Elasticsearch is a full-text search engine based on the Apache Lucene project. I was first made aware of it when I was working at ScraperWiki where we used it for a proof of concept system for analysing legalisation from many countries (I wasn’t involved hands-on with this work). Recently, I used it to make a little auto-completion web form for company names using the Companies House dataset. From download to implementing a solution which was x1000 times faster than a naive SQL querying system took less than a day – the default configuration and system is that good!

You can treat Elasticsearch like a SQL database to a fair degree, what it refers to indexes are what would be separate databases on a SQL server. Elasticsearch refers to document types instead of tables, and what would be rows in a SQL database are called “documents”. There are no joins as such in Elasticsearch but there are a number of workarounds such as parent-child relationships, nested objects or plain old denormalisation. I suspect one needs to be a bit cautious of treating Elasticsearch as a funny looking SQL database.

The preferred way to interact with Elasticsearch is using the HTTP API, this means that once installed you can prod away at your Elasticsearch database using curl from the commandline or the  Sense plugin for Google Chrome. The book is liberally scattered with examples written as HTTP requests, and online these can be launched from the browser (given a bit of configuration). To my mind the only downside of this is that queries are written in JSON which introduces a lot of extraneous brackets and quoting. For my experiments I moved quickly to using the Python interface which seems well-supported and complete (as do other language bindings).

Elasticsearch: The Definitive Guide is divided into 7 sections: Getting started, Search in Depth, Dealing with Human Language, Aggregations, Geolocation, Modelling your data, and finishes with Administration, Monitoring and Deployment.

The Getting Started section of the book covers everything you need to get you going but no single topic in any depth. The subsequent sections are largely about filling in that detail. The query language is completely different to SQL and queries come back with results ranked by a relevance score. I suspect this is where I’ll find myself working a lot in future, currently my queries give me a set of results which I filter in Python. I suspect I could write better queries which would return relevance scores which matched my application (and that I would trust). As it stands my queries always return *something* which may or may not be what I want.

I found the material regarding analyzers (which are applied to searchable fields and, symmetrically, search terms) very interesting and applicable to wider search problems where Elasticsearch is not necessarily the technology to be used.

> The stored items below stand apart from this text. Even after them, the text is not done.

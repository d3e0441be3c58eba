-- ===== src/Ptx/Execute/Examples.antt =====
-- The scheduler on a block of two threads that meet at one barrier and end.
use rouge_v.Base.{
  ℕ, ◌+◌, ◌≡◌, true, false, [], ◌∷◌, Option, some, ◌==◌, if◌then◌else◌, refl, arith, get_elem?,
}
use rouge_v.Ptx.Execute.{
  Outcome, parked, finished, completed, pass, run_pass, run_rounds, run_block, settle, release,
  fresh_threads, Dim3, indices, linear,
}
use rouge_v.Ptx.Execute.Rounds.{AllFinished, run_block-AllFinished}
use rouge_v.Ptx.Execute.Barrier.{InStep, at_start, after_round, arrival, Reach-InStep}
use rouge_v.Base.Int.{pos}
use rouge_v.Ptx.Execute.Launch.{Function, execute_kernel, LaunchSound, execute_kernel-LaunchSound}
use rouge_v.Ptx.Execute.Order.{get_elem?-linear}

-- The arrivals of each thread at the barrier.
abbrev Arrivals : Type 0
Arrivals = ℕ → ℕ

abbrev arrive : ℕ → Arrivals → Arrivals
arrive i b j = b j + (if i == j then 1 else 0)

abbrev barrier_step : ℕ → Arrivals → Option (Outcome × Arrivals)
barrier_step i b = if b i == 0 then some (parked, arrive i b) else some (finished, b)

abbrev nobody : Arrivals
nobody j = 0

barrier_step_counts :
    (i j : ℕ) (b b' : Arrivals) (rc : Outcome)
    → barrier_step i b ≡ some (rc, b')
    → b' j ≡ b j + (if i == j then arrival rc else 0)
barrier_step_counts i j b b' rc e = ground arith

both_end :
    run_block barrier_step 10 2 nobody
    ≡ completed
        (record { alive = false; blocked = false } ∷ record { alive = false; blocked = false } ∷ [])
        4
        (arrive 1 (arrive 0 nobody))
unfolding run_block run_rounds run_pass settle release fresh_threads
both_end = refl

first_round :
    run_pass barrier_step 10 0 (fresh_threads 2) 0 nobody
    ≡ pass true
        (record { alive = true; blocked = true } ∷ record { alive = true; blocked = true } ∷ [])
        2
        (arrive 1 (arrive 0 nobody))
unfolding run_pass settle fresh_threads
first_round = refl

run_block-AllFinished_example : AllFinished barrier_step 10 (run_block barrier_step 10 2 nobody)
run_block-AllFinished_example = run_block-AllFinished barrier_step 10 2 nobody

Reach-InStep_example :
    (g : ℕ) × InStep (arrive 1 (arrive 0 nobody)) g 0 (
      release
        (record { alive = true; blocked = true } ∷ record { alive = true; blocked = true } ∷ []))
Reach-InStep_example =
    Reach-InStep barrier_step 10 (λ b j. b j) barrier_step_counts 2 nobody (λ j. refl)
      (after_round at_start first_round)

abbrev extent : Dim3
extent = record { x = 4; y = 3; z = 2 }

abbrev corner : Dim3
corner = record { x = 3; y = 2; z = 1 }

get_elem?-linear_example : get_elem? (indices extent) (linear extent corner) ≡ some corner
get_elem?-linear_example =
    get_elem?-linear extent corner (omega arith) (omega arith) (omega arith) (omega arith)

abbrev open_nobody : Dim3 → ℕ → Arrivals
open_nobody at m = nobody

abbrev plain : Function
plain = record { shared_vars = false ∷ [] }

execute_kernel-LaunchSound_example :
    LaunchSound barrier_step open_nobody
      (λ b. b 0)
      (plain ∷ [])
      (pos 0)
      extent
      extent
      7
      (execute_kernel barrier_step open_nobody (λ b. b 0) (plain ∷ []) (pos 0) extent extent 7)
execute_kernel-LaunchSound_example =
    execute_kernel-LaunchSound barrier_step open_nobody (λ b. b 0) (plain ∷ []) (pos 0) extent
      extent 7
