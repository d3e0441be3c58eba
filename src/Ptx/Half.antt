-- ===== src/Ptx/Half.antt =====
-- software/rouge-ptx/ptx.cpp: binary16 and bfloat16. A `float` is its binary32 pattern, since the
-- code only moves bits.
pub mod RoundTrip
pub mod Nearest
pub mod Monotone
mod Examples
use rouge_v.Base.{
  ℕ, zero, suc, ◌+◌, ◌-◌, ◌*◌, ◌/◌, ◌%◌, ◌^◌, Bool, true, false, ◌&&◌, ◌||◌, bit_and, bit_or, ltb,
  leb, ◌==◌, if◌then◌else◌,
}

abbrev pub u16 : ℕ → ℕ
u16 v = v % 2 ^ 16

-- `while ((m & top) == 0) { m <<= 1; ++shift; }`, on fuel: a set bit is at most as many places
-- below `top` as `top` has zeros.
unfoldable pub normalise : ℕ → ℕ → ℕ → ℕ → ℕ × ℕ
normalise top zero m shift = (m, shift)
normalise top (suc fuel) m shift =
    let rest = normalise top fuel (m * 2) (shift + 1) in
    if bit_and m top == 0 then rest else (m, shift)

pub f16_to_f32 : ℕ → ℕ
unfolding normalise
f16_to_f32 h =
    let sign = bit_and h 0x8000 * 2 ^ 16 in
    let exp = bit_and (h / 2 ^ 10) 0x1f in
    let man = bit_and h 0x3ff in
    if exp == 0
    then (if man == 0
        then sign
        else let (m, shift) = normalise 0x400 10 man 0 in
          bit_or (bit_or sign ((113 - shift) * 2 ^ 23)) (bit_and m 0x3ff * 2 ^ 13))
    else if exp == 0x1f
    then bit_or (bit_or sign 0x7f800000) (man * 2 ^ 13)
    else bit_or (bit_or sign ((exp + 127 - 15) * 2 ^ 23)) (man * 2 ^ 13)

-- `if (rem > half || (rem == half && (val & 1u))) ++val;`
abbrev pub round_even : ℕ → ℕ → ℕ → ℕ
round_even val rem half =
    if ltb half rem || (rem == half && bit_and val 1 == 1) then val + 1 else val

-- The branch of a result below the normal range: `exp` here is `14 - shift`.
pub f16_subnormal : ℕ → ℕ → ℕ → ℕ
f16_subnormal sign man shift =
    let m = bit_or man 0x800000 in
    let rem = bit_and m (2 ^ shift - 1) in
    u16 (bit_or sign (round_even (m / 2 ^ shift) rem (2 ^ (shift - 1))))

pub f16_normal : ℕ → ℕ → ℕ → ℕ
f16_normal sign man exp =
    let val = bit_or (exp * 2 ^ 10) (man / 2 ^ 13) in
    u16 (bit_or sign (round_even val (bit_and man 0x1fff) 0x1000))

-- `exp` of the source is `e - 112`; the tests on it are written on `e`.
pub f32_to_f16_rne : ℕ → ℕ
f32_to_f16_rne x =
    let sign = bit_and (x / 2 ^ 16) 0x8000 in
    let e = bit_and (x / 2 ^ 23) 0xff in
    let man = bit_and x 0x7fffff in
    if e == 0xff
    then (if man == 0 then u16 (bit_or sign 0x7c00) else u16 (bit_or sign 0x7e00))
    else if leb (0x1f + 112) e
    then u16 (bit_or sign 0x7c00)
    else if leb e 112
    then (if ltb e 102 then sign else f16_subnormal sign man (126 - e))
    else f16_normal sign man (e - 112)

pub bf16_to_f32 : ℕ → ℕ
bf16_to_f32 b = b * 2 ^ 16

pub f32_to_bf16_rne : ℕ → ℕ
f32_to_bf16_rne x =
    if bit_and (x / 2 ^ 23) 0xff == 0xff
    then bit_and (x / 2 ^ 16) 0xffff
    else let lsb = bit_and (x / 2 ^ 16) 1 in u16 ((x + 0x7fff + lsb) % 2 ^ 32 / 2 ^ 16)
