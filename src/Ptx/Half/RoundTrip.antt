-- ===== src/Ptx/Half/RoundTrip.antt =====
-- Round trips of the 16-bit formats.
use rouge_v.Base.{
  ℕ, ◌+◌, ◌*◌, ◌/◌, ◌%◌, ◌^◌, ◌<◌, ◌≡◌, refl, arith, Bool, true, ltb, ◌==◌, if◌then◌else◌, ==_iff,
}
use rouge_v.Base.Bits.{bit_and-mask}
use rouge_v.Base.Table.{test_up_to, test_up_to_at}
use rouge_v.Ptx.Half.{
  f16_subnormal, f16_normal, f16_to_f32, f32_to_f16_rne, bf16_to_f32, f32_to_bf16_rne,
}

-- An all-ones exponent with a fraction.
abbrev pub is_nan16 : ℕ → Bool
is_nan16 h = ltb 0x7c00 (h % 0x8000)

f16_table :
    test_up_to
      (λ h.
        f32_to_f16_rne (f16_to_f32 h) == (if is_nan16 h then h / 0x8000 * 0x8000 + 0x7e00 else h))
      65536
    ≡ true
unfolding f32_to_f16_rne f16_subnormal f16_normal f16_to_f32 test_up_to
f16_table = refl

-- Every binary16 pattern that is not a NaN comes back from binary32 unchanged, subnormal numbers,
-- zeros and infinities included; a NaN comes back as the quiet NaN of its sign.
pub f32_to_f16_rne-f16_to_f32 :
    (h : ℕ)
    → h < 65536
    → f32_to_f16_rne (f16_to_f32 h) ≡ (if is_nan16 h then h / 0x8000 * 0x8000 + 0x7e00 else h)
f32_to_f16_rne-f16_to_f32 h fits = (==_iff _ _).0 (test_up_to_at _ _ _ fits f16_table)

-- Every bfloat16 pattern comes back from binary32 unchanged, NaNs included.
f32_to_bf16_rne-bf16_to_f32 : (b : ℕ) → b < 65536 → f32_to_bf16_rne (bf16_to_f32 b) ≡ b
unfolding f32_to_bf16_rne bf16_to_f32
f32_to_bf16_rne-bf16_to_f32 b fits =
    ground (arith, bit_and-mask 16 (b * 2 ^ 16 / 2 ^ 16), bit_and-mask 1 (b * 2 ^ 16 / 2 ^ 16))
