-- ===== src/Ptx/Half/Nearest.antt =====
-- The conversions from binary32 round to nearest, ties to even.
use native.Mathlib.Nat.{pow-le-pow_right, mod-eq_of_lt}
use rouge_v.Base.{
  ℕ, suc, ◌+◌, ◌-◌, ◌*◌, ◌/◌, ◌%◌, ◌^◌, ◌≤◌, ◌<◌, ◌≡◌, ◌⊎◌, inl, inr, arith, bit_and, bit_or,
}
use rouge_v.Base.Arith.{div_antitone}
use rouge_v.Base.Bits.{
  bit_and-shifted, zero-bit_or, bit_or-fields_right, bit_and-mask, bit_and-one, bit_or-fields,
}
use rouge_v.Ptx.Half.{round_even, f32_to_f16_rne, f32_to_bf16_rne, f16_normal, f16_subnormal}

-- `r` units of `2 * half` are nearest to `v`, and `r` is even where two are as near.
abbrev pub NearestEven : ℕ → ℕ → ℕ → Type 0
NearestEven half v r =
    ((v < r * (2 * half) + half) × (r * (2 * half) < v + half))
    ⊎ (((v ≡ r * (2 * half) + half) ⊎ (r * (2 * half) ≡ v + half)) × (r % 2 ≡ 0))

round_even_cases :
    (val rem half : ℕ)
    → (((half < rem) ⊎ ((rem ≡ half) × (val % 2 ≡ 1))) × (round_even val rem half ≡ val + 1))
      ⊎ (((rem < half) ⊎ ((rem ≡ half) × (val % 2 ≡ 0))) × (round_even val rem half ≡ val))
round_even_cases val rem half = ground (arith, bit_and-one val)

pub round_even-NearestEven :
    (half v val rem : ℕ)
    → v ≡ val * (2 * half) + rem
    → rem < 2 * half
    → NearestEven half v (round_even val rem half)
round_even-NearestEven half v val rem e small = elim (round_even_cases val rem half) [
  | inl (inl up, e') ↦ rw e' (inl (omega arith))
  | inl (inr (tie, odd), e') ↦ rw e' (inr (inr (omega arith), omega arith))
  | inr (inl down, e') ↦ rw e' (inl (omega arith))
  | inr (inr (tie, even), e') ↦ rw e' (inr (inl (omega arith), omega arith))
]

-- `f32_to_bf16_rne` of any finite pattern.
pub f32_to_bf16_rne-NearestEven :
    (x : ℕ) → x < 0x7f800000 → NearestEven 0x8000 x (f32_to_bf16_rne x)
unfolding f32_to_bf16_rne
f32_to_bf16_rne-NearestEven x h =
    ground (arith, bit_and-mask 8 (x / 2 ^ 23), bit_and-one (x / 2 ^ 16))

round_even-le : (val rem half : ℕ) → round_even val rem half ≤ val + 1
round_even-le val rem half = ground arith

pub f16_normal_lem :
    (man exp : ℕ)
    → man < 2 ^ 23
    → exp < 31
    → f16_normal 0 man exp ≡ round_even (exp * 2 ^ 10 + man / 2 ^ 13) (man % 2 ^ 13) (2 ^ 12)
unfolding f16_normal
f16_normal_lem man exp h small =
    let val = exp * 2 ^ 10 + man / 2 ^ 13 in
    let room : round_even val (man % 2 ^ 13) (2 ^ 12) < 2 ^ 16 =
      omega (arith, round_even-le val (man % 2 ^ 13) (2 ^ 12)) in
    rw (bit_or-fields 10 exp (man / 2 ^ 13) (omega arith), bit_and-mask 13 man, zero-bit_or)
      (mod-eq_of_lt room)

pub f16_subnormal_lem :
    (man s : ℕ)
    → man < 2 ^ 23
    → 13 ≤ s
    → f16_subnormal 0 man (suc s)
      ≡ round_even ((man + 2 ^ 23) / 2 ^ suc s) ((man + 2 ^ 23) % 2 ^ suc s) (2 ^ s)
unfolding f16_subnormal
f16_subnormal_lem man s h low =
    let m = man + 2 ^ 23 in
    let unit : 2 ^ 14 ≤ 2 ^ suc s =
      pow-le-pow_right (omega arith) {i = 14} {j = suc s} (omega arith) in
    let small : m / 2 ^ suc s ≤ m / 2 ^ 14 =
      div_antitone m (2 ^ 14) (2 ^ suc s) (omega arith) unit in
    let room : round_even (m / 2 ^ suc s) (m % 2 ^ suc s) (2 ^ s) < 2 ^ 16 =
      omega (arith, round_even-le (m / 2 ^ suc s) (m % 2 ^ suc s) (2 ^ s)) in
    let e : bit_or man 0x800000 ≡ m = omega (arith, bit_or-fields_right 23 1 man h) in
    let e' : suc s - 1 ≡ s = omega arith in
    rw (e, e', bit_and-mask (suc s) m, zero-bit_or) (mod-eq_of_lt room)

module _ (x : ℕ) where
  -- The fields of a pattern with a clear sign bit.
  positive_fields :
      x < 2 ^ 31
      → (bit_and (x / 2 ^ 16) 0x8000 ≡ 0)
        × (bit_and (x / 2 ^ 23) 0xff ≡ x / 2 ^ 23)
        × (bit_and x 0x7fffff ≡ x % 2 ^ 23)
  positive_fields h = (
    omega (arith, bit_and-shifted 15 (x / 2 ^ 16) 1, bit_and-one (x / 2 ^ 16 / 2 ^ 15)),
    omega (arith, bit_and-mask 8 (x / 2 ^ 23)),
    bit_and-mask 23 x,
  )

  -- The four finite ranges of `f32_to_f16_rne` on such a pattern.
  pub f16_underflow : x < 102 * 2 ^ 23 → f32_to_f16_rne x ≡ 0
  unfolding f32_to_f16_rne
  f16_underflow h = let (s, e, m) = positive_fields (omega arith) in rw (s, e, m) (ground arith)

  pub f16_below_normal :
      102 * 2 ^ 23 ≤ x
      → x < 113 * 2 ^ 23
      → f32_to_f16_rne x ≡ f16_subnormal 0 (x % 2 ^ 23) (suc (125 - x / 2 ^ 23))
  unfolding f32_to_f16_rne
  f16_below_normal low high =
      let (s, e, m) = positive_fields (omega arith) in
      let shift : 126 - x / 2 ^ 23 ≡ suc (125 - x / 2 ^ 23) = omega arith in
      rw (s, e, m) (ground arith)

  pub f16_in_range :
      113 * 2 ^ 23 ≤ x
      → x < 143 * 2 ^ 23
      → f32_to_f16_rne x ≡ f16_normal 0 (x % 2 ^ 23) (x / 2 ^ 23 - 112)
  unfolding f32_to_f16_rne
  f16_in_range low high =
      let (s, e, m) = positive_fields (omega arith) in rw (s, e, m) (ground arith)

  pub f16_overflow : 143 * 2 ^ 23 ≤ x → x ≤ 0x7f800000 → f32_to_f16_rne x ≡ 0x7c00
  unfolding f32_to_f16_rne
  f16_overflow low high =
      let (s, e, m) = positive_fields (omega arith) in rw (s, e, m) (ground arith)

There is an overlap here with natural language processing in the sense that analyzers can include tokenizers, stemmers, and synonym lookups which are all part of the NLP domain. This is expanded on further in the “Dealing with human language” section.

The section on aggregations explains Elasticsearch’s “group by”-like functionality, and that on geolocation touches on spatial extension-like behaviour. Elasticsearch handles geohashes which are a relatively recent innovation in encoding spatial coordinates.

The book mentions very briefly the ELK stack which is Elasticsearch, Logstash and Kibana (all available from the elastic website). This is used to analyse log files, logstash funnels the log data into elasticsearch where it is visualised using Kibana. I tried out kibana briefly, its an easy to use visualising frontend.

Elasticsearch is a Big Data technology from the start which means it supports sharding, replication and distribution over nodes out of the box but it runs fine on a simple single node such as my laptop.

Elasticsearch is a pretty big book but the individual chapters are pretty short and to the point. As I’d expect from O’Reilly Elasticsearch is well-edited, and readable. I found it great for working out what all the parts of Elasticsearch are and now know what exists when it comes to solving live problems. The book is pretty good at telling you which things you can do, and which things you should do.